Учительницы русского языка и литературы Ирина Викторовна и математичка Татьяна Николаевна приехали к нам вместе и вместе жили на квартире у солдатской вдовы бабы Клавы. Они были очень разные: Ирина Викторовна - худая блондинка с невыразительным, угрястым лицом, наполовину закрытым стеклами больших тяжелых очков в пластмассовой оправе, тонкими, почти без икр, ногами (почему она, видимо, и старалась как можно чаще ходить в брюках), и с низким, как бы прокуренным голосом. Впрочем, она и покуривала, мы это иногда видели. В общем, она была некрасивой и внимания особого к себе не привлекала. А вот Татьяна Николаевна была ее полной противоположностью. Шатенка с матовым, очень миловидным лицом, с высокой грудью, тонкой талией, аккуратной такой и кругленькой, попкой, недлинными, правда. но очень стройными ножками с точеными коленками. Голос у нее был мелодичный, и смеялась она с такими переливами, как будто одновременно звонили несколько колокольчиков.
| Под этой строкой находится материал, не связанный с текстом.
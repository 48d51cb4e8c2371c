-- ===== src/Threads.antt =====
-- Threads as interleavings. Thread `i` of `n` stands at the program point `pc i`; the scheduler picks
-- any thread that has a move. Counts of the threads at chosen points are what invariants speak of.
pub mod Two
pub mod Sums
pub mod Simulation
use ostep_code.Prelude.{
  ℕ, zero, suc, ◌+◌, ◌*◌, ◌≤◌, ◌<◌, ◌≡◌, refl, ◌≢◌, ◌⊎◌, inl, inr, subst, Bool, true, false,
  Bool-cases, Option, none, some, List, [], ◌∷◌, arith, ite, dec_lt, ℕ_discrete, ltb, if◌then◌else◌,
  lt→ltb, not_lt→ltb,
}

-- The program points after thread `i` has gone to `p`.
abbrev pub goes {ℓ} : {P : Type ℓ} → (ℕ → P) → ℕ → P → ℕ → P
goes pc i p j = ite (ℕ_discrete i j) p (pc j)

pub goes_here {ℓ} : {P : Type ℓ} (pc : ℕ → P) (i : ℕ) (p : P) → goes pc i p i ≡ p
goes_here pc i p = ground arith

pub goes_other {ℓ} : {P : Type ℓ} (pc : ℕ → P) (i j : ℕ) (p : P) → i ≢ j → goes pc i p j ≡ pc j
goes_other pc i j p ne = ground arith

module _ {ℓ} {P : Type ℓ} (w : P → ℕ) where
  -- The weight of the first `n` threads.
  pub total : ℕ → (ℕ → P) → ℕ
  total zero pc = 0
  total (suc n) pc = w (pc n) + total n pc

  total-goes_above :
      (n : ℕ) (pc : ℕ → P) (i : ℕ) (p : P) → n ≤ i → total n (goes pc i p) ≡ total n pc
  unfolding total
  total-goes_above zero pc i p h = refl
  total-goes_above (suc n) pc i p h = ground (arith, total-goes_above n pc i p)

  -- One thread's step changes the total by that thread's weight.
  pub total-goes :
      (n : ℕ) (pc : ℕ → P) (i : ℕ) (p : P)
      → i < n
      → total n (goes pc i p) + w (pc i) ≡ total n pc + w p
  unfolding total
  total-goes zero pc i p h = elim h [ ]
  total-goes (suc n) pc i p h = elim (dec_lt i n) [
    | yes lt ↦ ground (arith, total-goes n pc i p lt)
    | no last ↦ ground (arith, total-goes_above n pc i p)
  ]

  pub le-total : (n : ℕ) (pc : ℕ → P) (i : ℕ) → i < n → w (pc i) ≤ total n pc
  unfolding total
  le-total zero pc i h = elim h [ ]
  le-total (suc n) pc i h = elim (dec_lt i n) [
    | yes lt ↦ omega (arith, le-total n pc i lt)
    | no last ↦ let e : i ≡ n = omega arith in ground arith
  ]

  -- Two threads together weigh no more than all.
  pub two-le-total :
      (n : ℕ) (pc : ℕ → P) (i j : ℕ) → i < n → j < n → i ≢ j → w (pc i) + w (pc j) ≤ total n pc
  unfolding total
  two-le-total zero pc i j h k ne = elim h [ ]
  two-le-total (suc n) pc i j h k ne = elim (dec_lt i n) [
    | no last ↦ let e : i ≡ n = omega arith in ground (arith, le-total n pc j)
    | yes lt ↦ elim (dec_lt j n) [
      | yes lt' ↦ omega (arith, two-le-total n pc i j lt lt' ne)
      | no last ↦ let e : j ≡ n = omega arith in ground (arith, le-total n pc i)
    ]
  ]

  -- A positive total comes from some thread.
  pub total-pos : (n : ℕ) (pc : ℕ → P) → 0 < total n pc → (i : ℕ) × (i < n) × (0 < w (pc i))
  unfolding total
  total-pos zero pc h = elim h [ ]
  total-pos (suc n) pc h = elim (dec_lt 0 (w (pc n))) [
    | yes lt ↦ (n, omega arith, lt)
    | no z ↦ let (i, lt, p) = total-pos n pc (omega arith) in (i, omega arith, p)
  ]

  pub total-le : (b : ℕ) → ((p : P) → w p ≤ b) → (n : ℕ) (pc : ℕ → P) → total n pc ≤ b * n
  unfolding total
  total-le b h zero pc = omega arith
  total-le b h (suc n) pc = grind (arith, h (pc n), total-le b h n pc)

  pub total-zero : (n : ℕ) (pc : ℕ → P) → ((i : ℕ) → i < n → w (pc i) ≡ 0) → total n pc ≡ 0
  unfolding total
  total-zero zero pc h = refl
  total-zero (suc n) pc h =
      omega (arith, h n (omega arith), total-zero n pc (λ i lt. h i (omega arith)))

-- A weight that is never above another sums up to no more.
pub total_mono {ℓ} :
    {P : Type ℓ} (w v : P → ℕ)
    → ((p : P) → w p ≤ v p)
    → (n : ℕ) (pc : ℕ → P) → total w n pc ≤ total v n pc
unfolding total
total_mono w v h zero pc = omega arith
total_mono w v h (suc n) pc = omega (arith, h (pc n), total_mono w v h n pc)

-- Either all of the first `n` threads pass a test, or one of them fails it.
pub all_or_one {ℓ} :
    {P : Type ℓ} (test : P → Bool) (n : ℕ) (pc : ℕ → P)
    → ((i : ℕ) → i < n → test (pc i) ≡ true) ⊎ ((i : ℕ) × (i < n) × (test (pc i) ≡ false))
all_or_one test zero pc = inl (λ i h. elim h [ ])
all_or_one test (suc n) pc = elim (Bool-cases (test (pc n))) [
  | inr bad ↦ inr (n, omega arith, bad)
  | inl good ↦ elim (all_or_one test n pc) [
    | inr (i, lt, bad) ↦ inr (i, omega arith, bad)
    | inl all ↦ inl λ i h. elim (dec_lt i n) [
      | yes lt ↦ all i lt
      | no last ↦ let e : n ≡ i = omega arith in subst (λ k. test (pc k) ≡ true) e good
    ]
  ]
]

-- Shared memory and the program point of each thread.
pub record System {ℓ κ} (M : Type ℓ) (P : Type κ) : Type (ℓ ⊔ κ) where
  pub mem : M
  pub pc : ℕ → P

-- `step m p` is what a thread at `p` does next, `none` if it is blocked or has returned.
module _ {ℓ κ} {M : Type ℓ} {P : Type κ} (step : M → P → Option (M × P)) (n : ℕ) where
  pub data Step (s : System M P) : System M P → Type (ℓ ⊔ κ) where
    pick :
        (i : ℕ) {m : M} {p : P}
        → i < n
        → step s.mem (s.pc i) ≡ some (m, p)
        → Step s (record { mem = m; pc = goes s.pc i p })

  -- `k` steps, by any threads in any order.
  pub data Run (s : System M P) : ℕ → System M P → Type (ℓ ⊔ κ) where
    here : Run s zero s
    next : {k : ℕ} {t u : System M P} → Run s k t → Step t u → Run s (suc k) u

  pub Run-inv {ν} :
      (I : System M P → Type ν)
      → ((t u : System M P) → Step t u → I t → I u)
      → {s : System M P} {k : ℕ} {t : System M P} → I s
      → Run s k t
      → I t
  Run-inv I keep h here = h
  Run-inv I keep h (next {t = t} {u = u} r st) = keep t u st (Run-inv I keep h r)

  -- A measure that every step of a thread lowers bounds the length of every run.
  pub Run-bound :
      (w : P → ℕ)
      → ((m m' : M) (p p' : P) → step m p ≡ some (m', p') → w p' < w p)
      → {s : System M P} {k : ℕ} {t : System M P} → Run s k t
      → k + total w n t.pc ≤ total w n s.pc
  Run-bound w falls here = omega arith
  Run-bound w falls (next {t = t} r (pick i {m} {p} lt e)) =
      omega (arith, Run-bound w falls r, total-goes w n t.pc i p lt, falls t.mem m (t.pc i) p e)

  -- The same where the memory has a share in the measure.
  pub Run-bound_with :
      (v : M → ℕ) (w : P → ℕ)
      → ((m m' : M) (p p' : P) → step m p ≡ some (m', p') → v m' + w p' < v m + w p)
      → {s : System M P} {k : ℕ} {t : System M P} → Run s k t
      → k + v t.mem + total w n t.pc ≤ v s.mem + total w n s.pc
  Run-bound_with v w falls here = omega arith
  Run-bound_with v w falls (next {t = t} r (pick i {m} {p} lt e)) = omega (
    arith,
    Run-bound_with v w falls r,
    total-goes w n t.pc i p lt,
    falls t.mem m (t.pc i) p e,
    le-total w n t.pc i lt,
  )

  -- Thread `i` takes its next step, if it has one.
  pub turn : ℕ → System M P → System M P
  turn i s =
      if ltb i n
      then elim (step s.mem (s.pc i)) [
        | none ↦ s
        | some (m, p) ↦ record { mem = m; pc = goes s.pc i p }
      ]
      else s

  -- A whole schedule.
  unfoldable pub follow : List ℕ → System M P → System M P
  unfolding turn
  follow [] s = s
  follow (i ∷ is) s = follow is (turn i s)

  pub record Reach (s t : System M P) : Type (ℓ ⊔ κ) where
    pub steps : ℕ
    pub run : Run s steps t

  turn-Reach : (s t : System M P) (i : ℕ) → Reach s t → Reach s (turn i t)
  unfolding turn
  turn-Reach s t i r = go (dec_lt i n) (step t.mem (t.pc i)) refl
    where
      go : Dec (i < n) → (o : Option (M × P)) → step t.mem (t.pc i) ≡ o → Reach s (turn i t)
      go (no h) o e = rw (not_lt→ltb i n h) r
      go (yes h) none e = rw (lt→ltb i n h, e) r
      go (yes h) (some (m, p)) e =
          rw (lt→ltb i n h, e) (record { steps = suc r.steps; run = next r.run (pick i h e) })

  follow-Reach_from : (is : List ℕ) (s t : System M P) → Reach s t → Reach s (follow is t)
  unfolding follow
  follow-Reach_from [] s t r = r
  follow-Reach_from (i ∷ is) s t r = follow-Reach_from is s (turn i t) (turn-Reach s t i r)

  -- What a schedule computes is reached by a run.
  pub follow-Reach : (is : List ℕ) (s : System M P) → Reach s (follow is s)
  follow-Reach is s = follow-Reach_from is s s (record { steps = 0; run = here })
Когда Татьяна Викторовна, в плотно обтягивающей все ее выпуклые места водолазке и мини-юбочке, ходила по классу между рядами парт, негромко постукивая каблучками, и склоняясь то над одной тетрадкой, то над другой и проверяя, как идет ход решения заданной ею задачи, мы, пацаны, как зовороженные, провожали ее восхищенными взглядами.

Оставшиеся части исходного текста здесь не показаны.